江之寒反複思量,意識到經營業績才是這個松散聯盟的最大基石。如果在短時間內就能見到績效,這個聯盟就會越來越堅固;反之,随時都會有崩盤的可能。

關于經營大方向的問題,江之寒是有一個大的框架。簡單來說,就是要走高品質高價格的路。所謂高價格,其實是和現在的價格相比較,所謂的高價格其實是在老師學生這個消費群體的承受範圍之內的。

在江之寒的設想中,要重新規劃食堂的布置,第一層樓還是以便宜的大鍋菜為主,而第二層樓則定位成價格高一檔的小鍋菜和現場熱炒菜的專區。
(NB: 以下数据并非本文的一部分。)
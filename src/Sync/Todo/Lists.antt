-- ===== src/Sync/Todo/Lists.antt =====
-- `process_todo_list_changes` (src/routes/sync/todo/todo_lists.rs).
use teddy_fyi_api_rust.Prelude.{String, Bool, true, Option, List}
use teddy_fyi_api_rust.Prelude.Int.{ℤ}
use teddy_fyi_api_rust.Json.{Value}
use teddy_fyi_api_rust.Errors.{Result}
use teddy_fyi_api_rust.Sync.Types.{ChangeDelta}
use teddy_fyi_api_rust.Sync.Todo.Table.{Table, Caller, Request, with_references}
use teddy_fyi_api_rust.Sync.Todo.Decide.{Item}
use teddy_fyi_api_rust.Sync.Todo.Process.{Outcome, process_changes}

-- The columns of `todo_lists` that no code reads.
pub record TodoListColumns : Type 0 where
  pub name : String
  pub color_hex : String

-- `TodoListData`. The owner and the sync state that a client sends are not read.
pub record TodoListData : Type 0 where
  pub id : String
  pub name : String
  pub color_hex : String
  pub user_id : Option String
  pub created_at : ℤ
  pub sync_state : String
  pub version : ℤ
  pub is_deleted : Bool

unfoldable pub list_item : TodoListData → Item TodoListColumns
list_item d = record {
  id = d.id;
  columns = record { name = d.name; color_hex = d.color_hex };
  created_at = d.created_at;
  version = d.version;
  is_deleted = d.is_deleted;
}

-- A list is written as it was sent, by the client that sent it.
unfoldable pub prepare_list :
    String → ChangeDelta → Item TodoListColumns → Item TodoListColumns × String
prepare_list client_id change item = (item, client_id)

module _ (from_value : Value → Option (Item TodoListColumns)) (caller : Caller) where
  -- A list refers to no other table.
  abbrev req : Request TodoListColumns
  req = with_references caller (λ columns. true)

  unfoldable pub process_todo_list_changes :
      List ChangeDelta → Table TodoListColumns → Result (Outcome TodoListColumns)
  process_todo_list_changes changes t =
      process_changes from_value (prepare_list req.client_id) req changes t
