-- ===== src/Lib.antt =====
-- A model of plc_service_rust, the service between MQTT clients and the master node of a power line
-- network, which it talks to over a serial line (or TCP) in the frame format of src/protocol.
--
-- How the parts interact: a service makes a request (Message), which becomes application data and a
-- frame (Protocol) and is sent by a thread of the agent (Uart.Agent), which remembers it. The reader
-- (Serial) cuts the bytes of the line into frames; the agent finds the request that a frame answers and
-- hands both to the handler of its function (Uart.Dispatch).
--
-- The parts that are modelled, and where:
-- - Base: lists over the native numbers, tests, outcomes (`Ok`, `Err`, panic) and facts about bits.
-- - Protocol.Fault: `Afn` and the errors (src/protocol/app_data/mod.rs, src/protocol/frame.rs).
-- - Protocol.InfoField: src/protocol/info_field.rs. Protocol.AppData: addresses, data flags and
--   application data of src/protocol/app_data/mod.rs. Protocol.UserData: src/protocol/user_data.rs.
-- - Protocol.Frame: src/protocol/frame.rs, with `Frame::parse` in Protocol.Frame.Cursor and what the
--   service asks of a frame in Protocol.Frame.Kind.
-- - Message: the requests and responses of src/protocol/app_data/, one module per file there, but that
--   init.rs and meter_ctrl.rs are with ctrl_cmd.rs. `x_to_app` is `AppData::from` of a request and
--   `x_of_app` is `try_from` of a response. Message.Entries has the lists of entries of one size,
--   Message.Wire the way from a request to the bytes of the line.
-- - Serial.Reader: `StreamReader` of src/serial_port.rs, over the results of the stream's `read`.
-- - Uart.Request: src/request_info.rs. Uart.Agent: src/uart_agent.rs, as what each of its three threads
--   and a timer do to the state `UartReqInfo` while they hold its lock. What the other threads do while
--   the serial thread waits is a list of events, in any order; `turn` is one round of its loop.
-- - Uart.Dispatch: the routing of responses in src/uart_handler.rs, to handlers that are only named; that
--   of reports is in Reports and that of timeouts in Timeouts.
-- - Message.RouteGet: src/protocol/app_data/route_get.rs, with the responses on the network and chips in
--   Network, on the running status in Status and on the modules of the nodes in ModuleIds.
-- - Service: of src/service. Service.Action is a service's state passing with outcomes, Service.Dict a
--   `HashMap` with text keys, Service.Response what src/service/parse_response.rs makes of a response and
--   of a request. Service.NodeConfig is src/service/node_config.rs: which application asked for which
--   nodes, with an `Arc` as an allocation whose reference count is how often it stands in the map of the
--   applications. Service.NodeManage is src/service/node_manage.rs: the requests to add and delete
--   nodes, in chunks of ten that the module confirms. Service.ConcurrentMeter is
--   src/service/concurrent_meter.rs: the readings of meters, with a queue for each address.
--   Service.FileUpgrade is src/service/file_upgrade.rs: the transfer of a file, and the thread that
--   watches an upgrade of the module.
-- - Examples: the theorems at concrete inputs, among them the frames of the repository's tests.
--
-- A service's operation runs under its lock, but a wait on a condition variable gives the lock up. What
-- the reader thread, the timers and the start-up do during each wait is a list of events, so that a state
-- has a list of such lists (frames that other services send meanwhile are not kept in it); a wait that none of its events ends is the error `waiting`. In
-- Service.ConcurrentMeter a panic is `none`.
--
-- A Rust function that can fail or panic returns an `Outcome`. The model has overflow checks on, as in
-- cargo's dev and test profiles: an overflow of `u8` arithmetic, an index or slice out of range and an
-- `unwrap` of a failure are the outcome `panic`. A byte is a natural number; where a theorem needs it to
-- be below 256, it says so. A vector or slice of bytes is a list. A loop has as fuel the number of
-- elements or bits that it can visit at most, which is exact: the search for a mark bit has eight
-- rounds (the ninth overflows the shift), the search for a start byte has the bytes of the buffer, and
-- `chunks` the elements of the list.
--
-- Not modelled: the display of values, logging, ports and sockets, channels, the replies to MQTT clients
-- and their JSON, and the crates chrono, timer, serde, hex, rusqlite and rumqttc (what is used of them is a
-- parameter); the parsing of the stored configuration in
-- src/service/node_config.rs; the polling of an upgrade of the nodes in src/service/file_upgrade.rs; the
-- other services of src/service and the MQTT side.
pub mod Base
pub mod Protocol
pub mod Message
pub mod Serial
pub mod Uart
pub mod Examples
pub mod Service
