-- ===== src/Base/Lists.antt =====
-- Lists measured and indexed by native numbers, under the library's names.
use Prim.Native.Nat.{ℕ, zero, suc, ◌+◌, ◌-◌, ◌/◌, ◌≤◌, ◌<◌, min}
use mathlib.Core.Path.{◌≡◌, refl, ap, sym, ◌∙◌}
use mathlib.Core.List.{List, [], ◌∷◌, ◌++◌}
use mathlib.Core.Option.{Option, none, some}
use native.Mathlib.Omega.{arith}
use native.Mathlib.Decide.{dec_lt}
use native.Mathlib.Nat.{div-eq_of_lt, div-eq-sub-div}

module _ {ℓ} {A : Type ℓ} where
  abbrev pub length : List A → ℕ
  length [] = 0
  length (x ∷ xs) = suc (length xs)

  abbrev pub get_elem? : List A → ℕ → Option A
  get_elem? [] i = none
  get_elem? (x ∷ xs) zero = some x
  get_elem? (x ∷ xs) (suc i) = get_elem? xs i

  abbrev pub take : ℕ → List A → List A
  take zero xs = []
  take (suc n) [] = []
  take (suc n) (x ∷ xs) = x ∷ take n xs

  abbrev pub drop : ℕ → List A → List A
  drop zero xs = xs
  drop (suc n) [] = []
  drop (suc n) (x ∷ xs) = drop n xs

  abbrev pub All {κ} : (A → Type κ) → List A → Type κ
  All P [] = Unit {κ}
  All P (x ∷ xs) = P x × All P xs

  pub length-append : (xs ys : List A) → length (xs ++ ys) ≡ length xs + length ys
  length-append [] ys = omega arith
  length-append (x ∷ xs) ys = omega (arith, length-append xs ys)

  pub length-take : (n : ℕ) (xs : List A) → length (take n xs) ≡ min n (length xs)
  length-take zero xs = omega arith
  length-take (suc n) [] = omega arith
  length-take (suc n) (x ∷ xs) = omega (arith, length-take n xs)

  pub length-drop : (n : ℕ) (xs : List A) → length (drop n xs) ≡ length xs - n
  length-drop zero xs = omega arith
  length-drop (suc n) [] = omega arith
  length-drop (suc n) (x ∷ xs) = omega (arith, length-drop n xs)

  pub take-append-drop : (n : ℕ) (xs : List A) → take n xs ++ drop n xs ≡ xs
  take-append-drop zero xs = refl
  take-append-drop (suc n) [] = refl
  take-append-drop (suc n) (x ∷ xs) = ap (λ r. x ∷ r) (take-append-drop n xs)

module _ {ℓ} {A : Type ℓ} where
  pub take-append : (n : ℕ) (xs ys : List A) → n ≡ length xs → take n (xs ++ ys) ≡ xs
  take-append zero [] ys h = refl
  take-append zero (x ∷ xs) ys h = absurd (omega arith)
  take-append (suc n) [] ys h = absurd (omega arith)
  take-append (suc n) (x ∷ xs) ys h = ap (λ r. x ∷ r) (take-append n xs ys (omega arith))

  pub drop-append : (n : ℕ) (xs ys : List A) → n ≡ length xs → drop n (xs ++ ys) ≡ ys
  drop-append zero [] ys h = refl
  drop-append zero (x ∷ xs) ys h = absurd (omega arith)
  drop-append (suc n) [] ys h = absurd (omega arith)
  drop-append (suc n) (x ∷ xs) ys h = drop-append n xs ys (omega arith)

  pub take_all : (n : ℕ) (xs : List A) → n ≡ length xs → take n xs ≡ xs
  take_all zero [] h = refl
  take_all zero (x ∷ xs) h = absurd (omega arith)
  take_all (suc n) [] h = absurd (omega arith)
  take_all (suc n) (x ∷ xs) h = ap (λ r. x ∷ r) (take_all n xs (omega arith))

module _ {ℓ κ} {A : Type ℓ} (P : A → Type κ) where
  pub All-snoc : (xs : List A) (x : A) → All P xs → P x → All P (xs ++ (x ∷ []))
  All-snoc [] x h p = (p, tt)
  All-snoc (y ∷ xs) x (q, h) p = (q, All-snoc xs x h p)

  pub All-take : (n : ℕ) (xs : List A) → All P xs → All P (take n xs)
  All-take zero xs h = tt
  All-take (suc n) [] h = tt
  All-take (suc n) (x ∷ xs) (p, h) = (p, All-take n xs h)

  pub All-drop : (n : ℕ) (xs : List A) → All P xs → All P (drop n xs)
  All-drop zero xs h = h
  All-drop (suc n) [] h = tt
  All-drop (suc n) (x ∷ xs) (p, h) = All-drop n xs h

module _ {ℓ κ μ} {A : Type ℓ} (P : A → Type κ) (Q : A → Type μ) where
  pub All-map : (xs : List A) → ((x : A) → P x → Q x) → All P xs → All Q xs
  All-map [] f h = tt
  All-map (x ∷ xs) f (p, h) = (f x p, All-map xs f h)

-- `slice::chunks(n)` for `n` above 0. Each round takes an element at least, so the length of the list
-- is fuel enough.
module _ {ℓ} {A : Type ℓ} where
  unfoldable pub chunks_loop : ℕ → ℕ → List A → List (List A)
  chunks_loop fuel n [] = []
  chunks_loop zero n (x ∷ xs) = []
  chunks_loop (suc fuel) n (x ∷ xs) = take n (x ∷ xs) ∷ chunks_loop fuel n (drop n (x ∷ xs))

  unfoldable pub chunks : List A → ℕ → List (List A)
  unfolding chunks_loop
  chunks xs n = chunks_loop (length xs) n xs

  pub chunks_loop-append :
      (fuel n : ℕ) (xs ys : List A)
      → n ≡ length xs
      → 0 < n
      → length (xs ++ ys) ≤ fuel
      → chunks_loop fuel n (xs ++ ys) ≡ xs ∷ chunks_loop (fuel - 1) n ys
  unfolding chunks_loop
  chunks_loop-append fuel n [] ys e pos h = absurd (omega arith)
  chunks_loop-append zero n (x ∷ xs) ys e pos h = absurd (omega arith)
  chunks_loop-append (suc fuel) n (x ∷ xs) ys e pos h =
      let one : suc fuel - 1 ≡ fuel = omega arith in
      rw (take-append n (x ∷ xs) ys e, drop-append n (x ∷ xs) ys e, one)

module _ {ℓ} {A : Type ℓ} where
  -- There are as many chunks as `div_ceil` says.
  pub length-chunks_loop :
      (fuel n : ℕ) (xs : List A)
      → 0 < n
      → length xs ≤ fuel
      → length (chunks_loop fuel n xs) ≡ (length xs + (n - 1)) / n
  unfolding chunks_loop
  length-chunks_loop fuel n [] pos h =
      let small : 0 + (n - 1) < n = omega arith in sym (div-eq_of_lt small)
  length-chunks_loop zero n (x ∷ xs) pos h = absurd (omega arith)
  length-chunks_loop (suc fuel) n (x ∷ xs) pos h =
      let size : length (drop n (x ∷ xs)) ≡ length (x ∷ xs) - n = length-drop n (x ∷ xs) in
      let rest : length (chunks_loop fuel n (drop n (x ∷ xs)))
          ≡ (length (x ∷ xs) - n + (n - 1)) / n =
        length-chunks_loop fuel n (drop n (x ∷ xs)) pos (omega arith)
        ∙ ap (λ l. (l + (n - 1)) / n) size in
      let all : (length (x ∷ xs) + (n - 1)) / n ≡ (length (x ∷ xs) + (n - 1) - n) / n + 1 =
        div-eq-sub-div pos (omega arith) in
      elim (dec_lt (length (x ∷ xs)) n) [
        | yes short ↦
            let none_ : (length (x ∷ xs) - n + (n - 1)) / n ≡ 0 = div-eq_of_lt (omega arith) in
            let last : (length (x ∷ xs) + (n - 1) - n) / n ≡ 0 = div-eq_of_lt (omega arith) in
            omega (arith, rest, all, none_, last)
        | no long ↦
            let same_ : length (x ∷ xs) - n + (n - 1) ≡ length (x ∷ xs) + (n - 1) - n =
              omega arith in
            omega (arith, rest, all, ap (λ l. l / n) same_)
      ]

module _ {ℓ} {A : Type ℓ} where
  pub get_elem?-append :
      (i : ℕ) (xs : List A) (y : A) (ys : List A)
      → i ≡ length xs
      → get_elem? (xs ++ (y ∷ ys)) i ≡ some y
  get_elem?-append zero [] y ys h = refl
  get_elem?-append zero (x ∷ xs) y ys h = absurd (omega arith)
  get_elem?-append (suc i) [] y ys h = absurd (omega arith)
  get_elem?-append (suc i) (x ∷ xs) y ys h = get_elem?-append i xs y ys (omega arith)
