-- ===== src/Base/Results.antt =====
-- The outcome of Rust code that can fail: `Ok`, `Err` with the error, or a panic (an index or slice
-- out of range, an `unwrap` of `None`, an arithmetic overflow with overflow checks on).
use Prim.Native.Nat.{ℕ, ◌+◌, ◌-◌, ◌*◌}
use mathlib.Core.Path.{◌≡◌, refl, ap, ◌∙◌}
use mathlib.Core.Logic.{◌⊎◌, inl, inr}
use mathlib.Core.Bool.{Bool, true, false, ◌&&◌}
use mathlib.Core.Option.{Option, none, some}
use mathlib.Core.List.{List, ◌++◌}
use native.Mathlib.Omega.{arith}
use plc_service_rust.Base.Tests.{ltb, leb, if◌then◌else◌, le→leb}
use plc_service_rust.Base.Lists.{
  length, take, drop, get_elem?, length-append, take-append, drop-append,
}

pub data Outcome {ℓ} (E : Type 0) (A : Type ℓ) : Type ℓ where
  ok : A → Outcome E A
  err : E → Outcome E A
  panic : Outcome E A

-- anyhow's `ensure!`.
abbrev pub ensure : {E : Type 0} → Bool → E → Outcome E (Unit {0})
ensure false failure = err failure
ensure true failure = ok tt

-- Rust's `?`, which hands an error on, and a panic, which ends everything.
infixl 5 ◌>>=◌ ◌>>◌
abbrev pub ◌>>=◌ {κ ℓ} :
    {E : Type 0} {B : Type κ} {A : Type ℓ} → Outcome E A → (A → Outcome E B) → Outcome E B
panic >>= next = panic
err failure >>= next = err failure
ok value >>= next = next value

abbrev pub ◌>>◌ {κ} : {E : Type 0} {B : Type κ} → Outcome E (Unit {0}) → Outcome E B → Outcome E B
first >> second = first >>= λ _. second

-- `Option::unwrap`.
abbrev pub unwrap {ℓ} : {E : Type 0} {A : Type ℓ} → Option A → Outcome E A
unwrap none = panic
unwrap (some a) = ok a

-- `Result::unwrap`.
abbrev pub unwrap_result {ℓ} : {E : Type 0} {A : Type ℓ} → Outcome E A → Outcome E A
unwrap_result (ok a) = ok a
unwrap_result (err e) = panic
unwrap_result panic = panic

module _ {E : Type 0} where
  -- `bytes[i]`.
  abbrev pub index {ℓ} : {A : Type ℓ} → List A → ℕ → Outcome E A
  index bytes i = unwrap (get_elem? bytes i)

  -- `&bytes[from..to]`.
  abbrev pub slice {ℓ} : {A : Type ℓ} → List A → ℕ → ℕ → Outcome E (List A)
  slice bytes from to =
      if leb from to && leb to (length bytes)
      then ok (take (to - from) (drop from bytes))
      else panic

  -- `&bytes[from..]`.
  abbrev pub slice_from {ℓ} : {A : Type ℓ} → List A → ℕ → Outcome E (List A)
  slice_from bytes from = if leb from (length bytes) then ok (drop from bytes) else panic

  -- `u8` arithmetic with overflow checks.
  abbrev pub add_u8 : ℕ → ℕ → Outcome E ℕ
  add_u8 a b = if ltb (a + b) 256 then ok (a + b) else panic

  abbrev pub sub_u8 : ℕ → ℕ → Outcome E ℕ
  sub_u8 a b = if leb b a then ok (a - b) else panic

  abbrev pub mul_u8 : ℕ → ℕ → Outcome E ℕ
  mul_u8 a b = if ltb (a * b) 256 then ok (a * b) else panic

  -- A slice that a split of the list shows.
  pub slice-append {ℓ} :
      {A : Type ℓ} (xs ys zs : List A) (from to : ℕ)
      → from ≡ length xs
      → to ≡ length xs + length ys
      → slice (xs ++ (ys ++ zs)) from to ≡ ok ys
  slice-append xs ys zs from to p q =
      let fits : leb to (length (xs ++ (ys ++ zs))) ≡ true =
        le→leb _ _ (omega (arith, length-append xs (ys ++ zs), length-append ys zs)) in
      let part : take (to - from) (drop from (xs ++ (ys ++ zs))) ≡ ys =
        ap (take (to - from)) (drop-append from xs (ys ++ zs) p)
        ∙ take-append (to - from) ys zs (omega arith) in
      let ordered : leb from to ≡ true = le→leb _ _ (omega arith) in
      ap
        (λ b.
          if b && leb to (length (xs ++ (ys ++ zs)))
          then ok (take (to - from) (drop from (xs ++ (ys ++ zs))))
          else panic)
        ordered
      ∙ ap (λ b. if b then ok (take (to - from) (drop from (xs ++ (ys ++ zs)))) else panic) fits
      ∙ ap ok part

  pub slice_from-append {ℓ} :
      {A : Type ℓ} (xs ys : List A) (from : ℕ)
      → from ≡ length xs
      → slice_from (xs ++ ys) from ≡ ok ys
  slice_from-append xs ys from p =
      let fits : leb from (length (xs ++ ys)) ≡ true =
        le→leb _ _ (omega (arith, length-append xs ys)) in
      ap (λ b. if b then ok (drop from (xs ++ ys)) else panic) fits
      ∙ ap ok (drop-append from xs ys p)

-- What follows runs only after success.
pub >>=-eq-ok {κ ℓ} :
    {E : Type 0} {B : Type κ} {A : Type ℓ} (first : Outcome E A) (next : A → Outcome E B)
    {result : B}
    → (first >>= next) ≡ ok result
    → (value : A) × (first ≡ ok value) × (next value ≡ ok result)
>>=-eq-ok panic next h = cc
>>=-eq-ok (err failure) next h = cc
>>=-eq-ok (ok value) next h = (value, refl, h)

pub Outcome-cases {ℓ} :
    {E : Type 0} {A : Type ℓ} (m : Outcome E A)
    → ((a : A) × (m ≡ ok a)) ⊎ (((e : E) × (m ≡ err e)) ⊎ (m ≡ panic))
Outcome-cases (ok a) = inl (a, refl)
Outcome-cases (err e) = inr (inl (e, refl))
Outcome-cases panic = inr (inr refl)
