-- ===== src/Base/Bits.antt =====
-- Masks and shifts on one byte as arithmetic; each is a table of at most 256 entries, checked by
-- evaluation. `shl_u8` is Rust's `<<` on `u8`: the bits that leave the byte are lost.
use Prim.Native.Nat.{ℕ, zero, suc, ◌+◌, ◌*◌, ◌/◌, ◌%◌, ◌^◌, ◌<◌, bit_and, bit_or}
use mathlib.Core.Path.{◌≡◌, refl, ap₂, ◌∙◌, sym}
use mathlib.Core.Bool.{Bool, true, ◌&&◌}
use native.Mathlib.Omega.{arith}
use plc_service_rust.Base.Tests.{◌==◌, ==_iff}

-- A test holds at every entry of a table.
unfoldable pub holds_below : (ℕ → Bool) → ℕ → Bool
holds_below test zero = true
holds_below test (suc top) = holds_below test top && test top

pub holds_below_lem :
    (test : ℕ → Bool) (top i : ℕ) → i < top → holds_below test top ≡ true → test i ≡ true
unfolding holds_below
holds_below_lem test zero i in_range checked = absurd (omega arith)
holds_below_lem test (suc top) i in_range checked = ground (arith, holds_below_lem test top i)

pub agree_below :
    (n : ℕ) (f g : ℕ → ℕ) (x : ℕ) → holds_below (λ i. f i == g i) n ≡ true → x < n → f x ≡ g x
agree_below n f g x h lt = (==_iff _ _).0 (holds_below_lem (λ i. f i == g i) n x lt h)

abbrev pub shl_u8 : ℕ → ℕ → ℕ
shl_u8 x k = x * 2 ^ k % 256

pub mask_01 : (b : ℕ) → b < 256 → bit_and b 0x01 ≡ b % 2
unfolding holds_below
mask_01 b = agree_below 256 (λ i. bit_and i 0x01) (λ i. i % 2) b refl

pub mask_02 : (b : ℕ) → b < 256 → bit_and b 0x02 ≡ b / 2 % 2 * 2
unfolding holds_below
mask_02 b = agree_below 256 (λ i. bit_and i 0x02) (λ i. i / 2 % 2 * 2) b refl

pub mask_04 : (b : ℕ) → b < 256 → bit_and b 0x04 ≡ b / 4 % 2 * 4
unfolding holds_below
mask_04 b = agree_below 256 (λ i. bit_and i 0x04) (λ i. i / 4 % 2 * 4) b refl

pub mask_08 : (b : ℕ) → b < 256 → bit_and b 0x08 ≡ b / 8 % 2 * 8
unfolding holds_below
mask_08 b = agree_below 256 (λ i. bit_and i 0x08) (λ i. i / 8 % 2 * 8) b refl

pub mask_0f : (b : ℕ) → b < 256 → bit_and b 0x0F ≡ b % 16
unfolding holds_below
mask_0f b = agree_below 256 (λ i. bit_and i 0x0F) (λ i. i % 16) b refl

pub mask_3f : (b : ℕ) → b < 256 → bit_and b 0x3f ≡ b % 64
unfolding holds_below
mask_3f b = agree_below 256 (λ i. bit_and i 0x3f) (λ i. i % 64) b refl

pub mask_7f : (b : ℕ) → b < 256 → bit_and b 0x7F ≡ b % 128
unfolding holds_below
mask_7f b = agree_below 256 (λ i. bit_and i 0x7F) (λ i. i % 128) b refl

pub mask_80 : (b : ℕ) → b < 256 → bit_and b 0x80 ≡ b / 128 * 128
unfolding holds_below
mask_80 b = agree_below 256 (λ i. bit_and i 0x80) (λ i. i / 128 * 128) b refl

pub mask_f0 : (b : ℕ) → b < 256 → bit_and b 0xF0 ≡ b / 16 * 16
unfolding holds_below
mask_f0 b = agree_below 256 (λ i. bit_and i 0xF0) (λ i. i / 16 * 16) b refl

-- An `|` of a low part and a shifted part is their sum.
abbrev join : ℕ → ℕ → ℕ
join m i = bit_or (i % m) (i / m * m)

bit_or-join :
    (m a b : ℕ)
    → holds_below (λ i. join m i == i) 256 ≡ true
    → (a + b * m) % m ≡ a
    → (a + b * m) / m ≡ b
    → a + b * m < 256
    → bit_or a (b * m) ≡ a + b * m
bit_or-join m a b same low high lt =
    sym (ap₂ (λ x y. bit_or x (y * m)) low high)
    ∙ agree_below 256 (join m) (λ i. i) (a + b * m) same lt

pub bit_or_shl_1 : (a b : ℕ) → a < 2 → b < 128 → bit_or a (shl_u8 b 1) ≡ a + b * 2
unfolding holds_below
bit_or_shl_1 a b h k =
    let e : b * 2 ^ 1 % 256 ≡ b * 2 = omega arith in
    rw e (bit_or-join 2 a b refl (omega arith) (omega arith) (omega arith))

pub bit_or_shl_2 : (a b : ℕ) → a < 4 → b < 64 → bit_or a (shl_u8 b 2) ≡ a + b * 4
unfolding holds_below
bit_or_shl_2 a b h k =
    let e : b * 2 ^ 2 % 256 ≡ b * 4 = omega arith in
    rw e (bit_or-join 4 a b refl (omega arith) (omega arith) (omega arith))

pub bit_or_shl_3 : (a b : ℕ) → a < 8 → b < 32 → bit_or a (shl_u8 b 3) ≡ a + b * 8
unfolding holds_below
bit_or_shl_3 a b h k =
    let e : b * 2 ^ 3 % 256 ≡ b * 8 = omega arith in
    rw e (bit_or-join 8 a b refl (omega arith) (omega arith) (omega arith))

pub bit_or_shl_4 : (a b : ℕ) → a < 16 → b < 16 → bit_or a (shl_u8 b 4) ≡ a + b * 16
unfolding holds_below
bit_or_shl_4 a b h k =
    let e : b * 2 ^ 4 % 256 ≡ b * 16 = omega arith in
    rw e (bit_or-join 16 a b refl (omega arith) (omega arith) (omega arith))

pub bit_or_shl_7 : (a b : ℕ) → a < 128 → b < 2 → bit_or a (shl_u8 b 7) ≡ a + b * 128
unfolding holds_below
bit_or_shl_7 a b h k =
    let e : b * 2 ^ 7 % 256 ≡ b * 128 = omega arith in
    rw e (bit_or-join 128 a b refl (omega arith) (omega arith) (omega arith))
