-- ===== src/Examples.antt =====
-- The theorems at concrete inputs, and runs of the model on the inputs of the repository's tests.
mod Inputs
mod Fields
mod Frames
mod Streams
mod Requests
mod Messages
mod Nodes
mod Services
如果這一切進行的順利,江之寒準備把臨着的小閣樓改造成一個校內的餐館―――可以點菜那種正規的中檔以上的餐館。那個閣樓現在基本處于閑置狀态,不過放了一點點庫存和無用的東西。從菜品選擇的角度,江之寒設計的是走多樣化和中州特色菜為主的路子,第一個要解決的就是不能讓每天的菜肴選擇都是那麽重複的幾樣。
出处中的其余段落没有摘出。